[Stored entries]
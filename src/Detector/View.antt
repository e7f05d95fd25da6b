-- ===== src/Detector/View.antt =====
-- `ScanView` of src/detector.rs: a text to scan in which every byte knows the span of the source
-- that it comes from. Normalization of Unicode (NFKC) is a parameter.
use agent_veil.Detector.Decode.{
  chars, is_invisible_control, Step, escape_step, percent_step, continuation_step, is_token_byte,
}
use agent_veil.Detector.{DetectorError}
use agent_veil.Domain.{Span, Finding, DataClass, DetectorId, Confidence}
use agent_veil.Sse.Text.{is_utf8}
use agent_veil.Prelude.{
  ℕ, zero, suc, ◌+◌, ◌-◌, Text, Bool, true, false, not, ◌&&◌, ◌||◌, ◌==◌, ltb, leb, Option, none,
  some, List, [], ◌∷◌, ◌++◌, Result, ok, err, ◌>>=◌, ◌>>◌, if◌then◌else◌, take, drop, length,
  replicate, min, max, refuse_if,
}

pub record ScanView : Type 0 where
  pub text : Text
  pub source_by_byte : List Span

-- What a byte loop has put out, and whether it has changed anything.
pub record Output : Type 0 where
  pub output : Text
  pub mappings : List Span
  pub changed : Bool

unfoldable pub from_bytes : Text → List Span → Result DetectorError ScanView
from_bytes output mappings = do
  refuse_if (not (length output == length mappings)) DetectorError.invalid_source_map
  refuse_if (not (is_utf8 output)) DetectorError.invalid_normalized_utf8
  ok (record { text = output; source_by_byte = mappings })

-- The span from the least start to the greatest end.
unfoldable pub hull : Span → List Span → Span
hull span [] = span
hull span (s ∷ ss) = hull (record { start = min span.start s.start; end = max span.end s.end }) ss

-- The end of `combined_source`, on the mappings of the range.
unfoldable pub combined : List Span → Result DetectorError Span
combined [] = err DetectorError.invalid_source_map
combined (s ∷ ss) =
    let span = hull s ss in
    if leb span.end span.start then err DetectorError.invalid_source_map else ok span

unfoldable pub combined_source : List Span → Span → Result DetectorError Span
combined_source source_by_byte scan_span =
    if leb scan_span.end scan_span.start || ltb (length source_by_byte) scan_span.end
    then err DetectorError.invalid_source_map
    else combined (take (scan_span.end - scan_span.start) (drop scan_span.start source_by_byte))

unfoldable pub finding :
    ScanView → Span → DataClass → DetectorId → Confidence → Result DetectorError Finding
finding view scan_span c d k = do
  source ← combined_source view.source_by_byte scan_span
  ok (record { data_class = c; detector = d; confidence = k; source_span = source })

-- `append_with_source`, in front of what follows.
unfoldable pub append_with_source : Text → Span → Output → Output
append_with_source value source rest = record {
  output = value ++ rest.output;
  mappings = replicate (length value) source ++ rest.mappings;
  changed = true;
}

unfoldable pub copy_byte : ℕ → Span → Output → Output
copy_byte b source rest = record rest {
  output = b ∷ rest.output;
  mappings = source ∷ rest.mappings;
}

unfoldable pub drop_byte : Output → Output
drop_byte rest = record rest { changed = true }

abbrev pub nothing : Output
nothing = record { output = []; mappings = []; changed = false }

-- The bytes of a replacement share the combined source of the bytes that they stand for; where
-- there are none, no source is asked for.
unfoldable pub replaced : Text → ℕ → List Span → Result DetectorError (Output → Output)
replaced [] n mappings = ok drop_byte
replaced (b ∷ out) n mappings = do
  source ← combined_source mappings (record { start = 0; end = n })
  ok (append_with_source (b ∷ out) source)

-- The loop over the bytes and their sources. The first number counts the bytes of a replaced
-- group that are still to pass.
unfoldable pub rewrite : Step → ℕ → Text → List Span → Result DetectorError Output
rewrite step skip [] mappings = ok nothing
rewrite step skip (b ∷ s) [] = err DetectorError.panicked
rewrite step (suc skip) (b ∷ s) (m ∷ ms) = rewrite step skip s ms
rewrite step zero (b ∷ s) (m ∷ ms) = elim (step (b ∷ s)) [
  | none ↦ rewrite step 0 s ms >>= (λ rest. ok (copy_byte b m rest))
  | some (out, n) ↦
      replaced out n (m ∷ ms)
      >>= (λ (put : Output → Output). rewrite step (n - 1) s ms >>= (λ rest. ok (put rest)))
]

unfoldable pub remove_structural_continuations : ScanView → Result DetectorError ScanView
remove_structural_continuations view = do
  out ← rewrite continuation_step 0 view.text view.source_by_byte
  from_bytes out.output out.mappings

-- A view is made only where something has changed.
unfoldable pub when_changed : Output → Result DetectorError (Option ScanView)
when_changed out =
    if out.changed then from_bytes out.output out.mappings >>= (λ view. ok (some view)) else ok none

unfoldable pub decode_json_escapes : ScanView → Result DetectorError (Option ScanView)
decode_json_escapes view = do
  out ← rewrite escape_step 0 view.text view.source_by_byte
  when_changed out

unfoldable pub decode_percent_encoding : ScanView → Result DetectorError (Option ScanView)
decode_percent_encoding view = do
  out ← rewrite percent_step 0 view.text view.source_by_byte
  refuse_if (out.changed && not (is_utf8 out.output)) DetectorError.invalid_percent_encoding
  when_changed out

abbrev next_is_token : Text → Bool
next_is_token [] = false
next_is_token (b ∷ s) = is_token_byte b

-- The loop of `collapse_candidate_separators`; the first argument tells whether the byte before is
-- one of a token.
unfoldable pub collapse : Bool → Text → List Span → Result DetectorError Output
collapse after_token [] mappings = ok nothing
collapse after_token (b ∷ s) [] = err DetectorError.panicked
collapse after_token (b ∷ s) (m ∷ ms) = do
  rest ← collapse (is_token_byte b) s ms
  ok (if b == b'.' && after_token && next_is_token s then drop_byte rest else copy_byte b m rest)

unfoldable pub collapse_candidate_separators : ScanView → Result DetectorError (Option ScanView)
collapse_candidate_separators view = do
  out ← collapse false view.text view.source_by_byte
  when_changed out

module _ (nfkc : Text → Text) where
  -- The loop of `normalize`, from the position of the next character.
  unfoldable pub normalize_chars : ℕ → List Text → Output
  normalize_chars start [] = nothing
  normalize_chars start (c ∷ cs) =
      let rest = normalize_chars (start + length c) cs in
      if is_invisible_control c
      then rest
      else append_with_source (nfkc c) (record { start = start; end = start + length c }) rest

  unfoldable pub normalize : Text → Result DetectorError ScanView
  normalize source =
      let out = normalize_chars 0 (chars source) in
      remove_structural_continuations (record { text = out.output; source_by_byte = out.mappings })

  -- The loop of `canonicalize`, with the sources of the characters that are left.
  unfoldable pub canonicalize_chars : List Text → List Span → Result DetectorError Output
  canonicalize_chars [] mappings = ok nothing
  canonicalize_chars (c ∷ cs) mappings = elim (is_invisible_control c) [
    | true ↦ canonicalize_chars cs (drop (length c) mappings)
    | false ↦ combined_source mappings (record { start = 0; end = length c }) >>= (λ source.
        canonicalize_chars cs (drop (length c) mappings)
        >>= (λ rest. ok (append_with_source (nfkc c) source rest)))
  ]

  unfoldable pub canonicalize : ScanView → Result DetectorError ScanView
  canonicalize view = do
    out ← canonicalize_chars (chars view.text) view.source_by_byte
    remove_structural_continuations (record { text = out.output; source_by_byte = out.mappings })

* * *

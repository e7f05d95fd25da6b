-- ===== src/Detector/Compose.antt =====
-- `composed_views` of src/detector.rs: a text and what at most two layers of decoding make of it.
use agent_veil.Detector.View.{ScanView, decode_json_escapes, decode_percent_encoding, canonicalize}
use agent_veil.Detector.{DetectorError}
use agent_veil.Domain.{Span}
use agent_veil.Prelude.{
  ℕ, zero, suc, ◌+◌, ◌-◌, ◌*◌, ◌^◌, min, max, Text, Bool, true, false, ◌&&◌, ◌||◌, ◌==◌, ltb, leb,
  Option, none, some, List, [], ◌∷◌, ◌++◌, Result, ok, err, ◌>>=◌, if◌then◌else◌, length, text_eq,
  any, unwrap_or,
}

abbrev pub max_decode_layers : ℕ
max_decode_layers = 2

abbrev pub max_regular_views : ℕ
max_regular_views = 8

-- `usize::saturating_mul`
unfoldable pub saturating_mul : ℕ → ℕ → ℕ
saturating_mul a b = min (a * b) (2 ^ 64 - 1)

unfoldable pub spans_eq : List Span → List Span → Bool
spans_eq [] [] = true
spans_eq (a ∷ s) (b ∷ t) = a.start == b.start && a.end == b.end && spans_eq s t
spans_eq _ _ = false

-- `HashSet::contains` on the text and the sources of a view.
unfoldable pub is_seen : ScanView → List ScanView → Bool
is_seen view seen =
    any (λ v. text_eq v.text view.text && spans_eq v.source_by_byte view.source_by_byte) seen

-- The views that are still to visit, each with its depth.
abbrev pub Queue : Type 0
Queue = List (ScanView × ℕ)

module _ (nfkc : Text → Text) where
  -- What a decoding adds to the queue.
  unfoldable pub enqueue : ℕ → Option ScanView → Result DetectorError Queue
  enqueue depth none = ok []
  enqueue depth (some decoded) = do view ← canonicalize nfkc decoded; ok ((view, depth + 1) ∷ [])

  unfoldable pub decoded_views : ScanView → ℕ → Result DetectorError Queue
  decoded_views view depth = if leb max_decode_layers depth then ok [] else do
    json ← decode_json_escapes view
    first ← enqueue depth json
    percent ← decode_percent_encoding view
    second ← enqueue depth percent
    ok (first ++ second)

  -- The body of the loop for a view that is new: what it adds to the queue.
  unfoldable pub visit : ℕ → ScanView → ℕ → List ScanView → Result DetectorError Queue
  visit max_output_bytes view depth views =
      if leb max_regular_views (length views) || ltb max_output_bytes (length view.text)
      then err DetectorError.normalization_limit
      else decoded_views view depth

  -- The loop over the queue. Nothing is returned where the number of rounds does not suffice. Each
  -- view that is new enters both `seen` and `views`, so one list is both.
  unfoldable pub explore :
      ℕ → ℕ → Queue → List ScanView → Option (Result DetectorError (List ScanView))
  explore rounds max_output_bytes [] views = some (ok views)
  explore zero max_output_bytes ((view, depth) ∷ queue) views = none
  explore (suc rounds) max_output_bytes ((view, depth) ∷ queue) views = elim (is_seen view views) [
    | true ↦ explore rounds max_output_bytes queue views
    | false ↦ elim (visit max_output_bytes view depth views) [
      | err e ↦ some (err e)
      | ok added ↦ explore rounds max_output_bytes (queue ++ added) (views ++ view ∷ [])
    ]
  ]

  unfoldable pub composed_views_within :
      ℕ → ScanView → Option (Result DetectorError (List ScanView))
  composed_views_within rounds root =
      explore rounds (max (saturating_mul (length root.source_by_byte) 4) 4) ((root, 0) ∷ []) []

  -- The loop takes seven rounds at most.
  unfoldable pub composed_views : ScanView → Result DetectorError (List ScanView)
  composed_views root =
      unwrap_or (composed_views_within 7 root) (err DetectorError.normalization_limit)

[Problem to work on]
From the data above, copy each line with the string "root" in it.

[Exercise response]
  composed_views_within rounds root =
      explore rounds (max (saturating_mul (length root.source_by_byte) 4) 4) ((root, 0) ∷ []) []
  composed_views root =
      unwrap_or (composed_views_within 7 root) (err DetectorError.normalization_limit)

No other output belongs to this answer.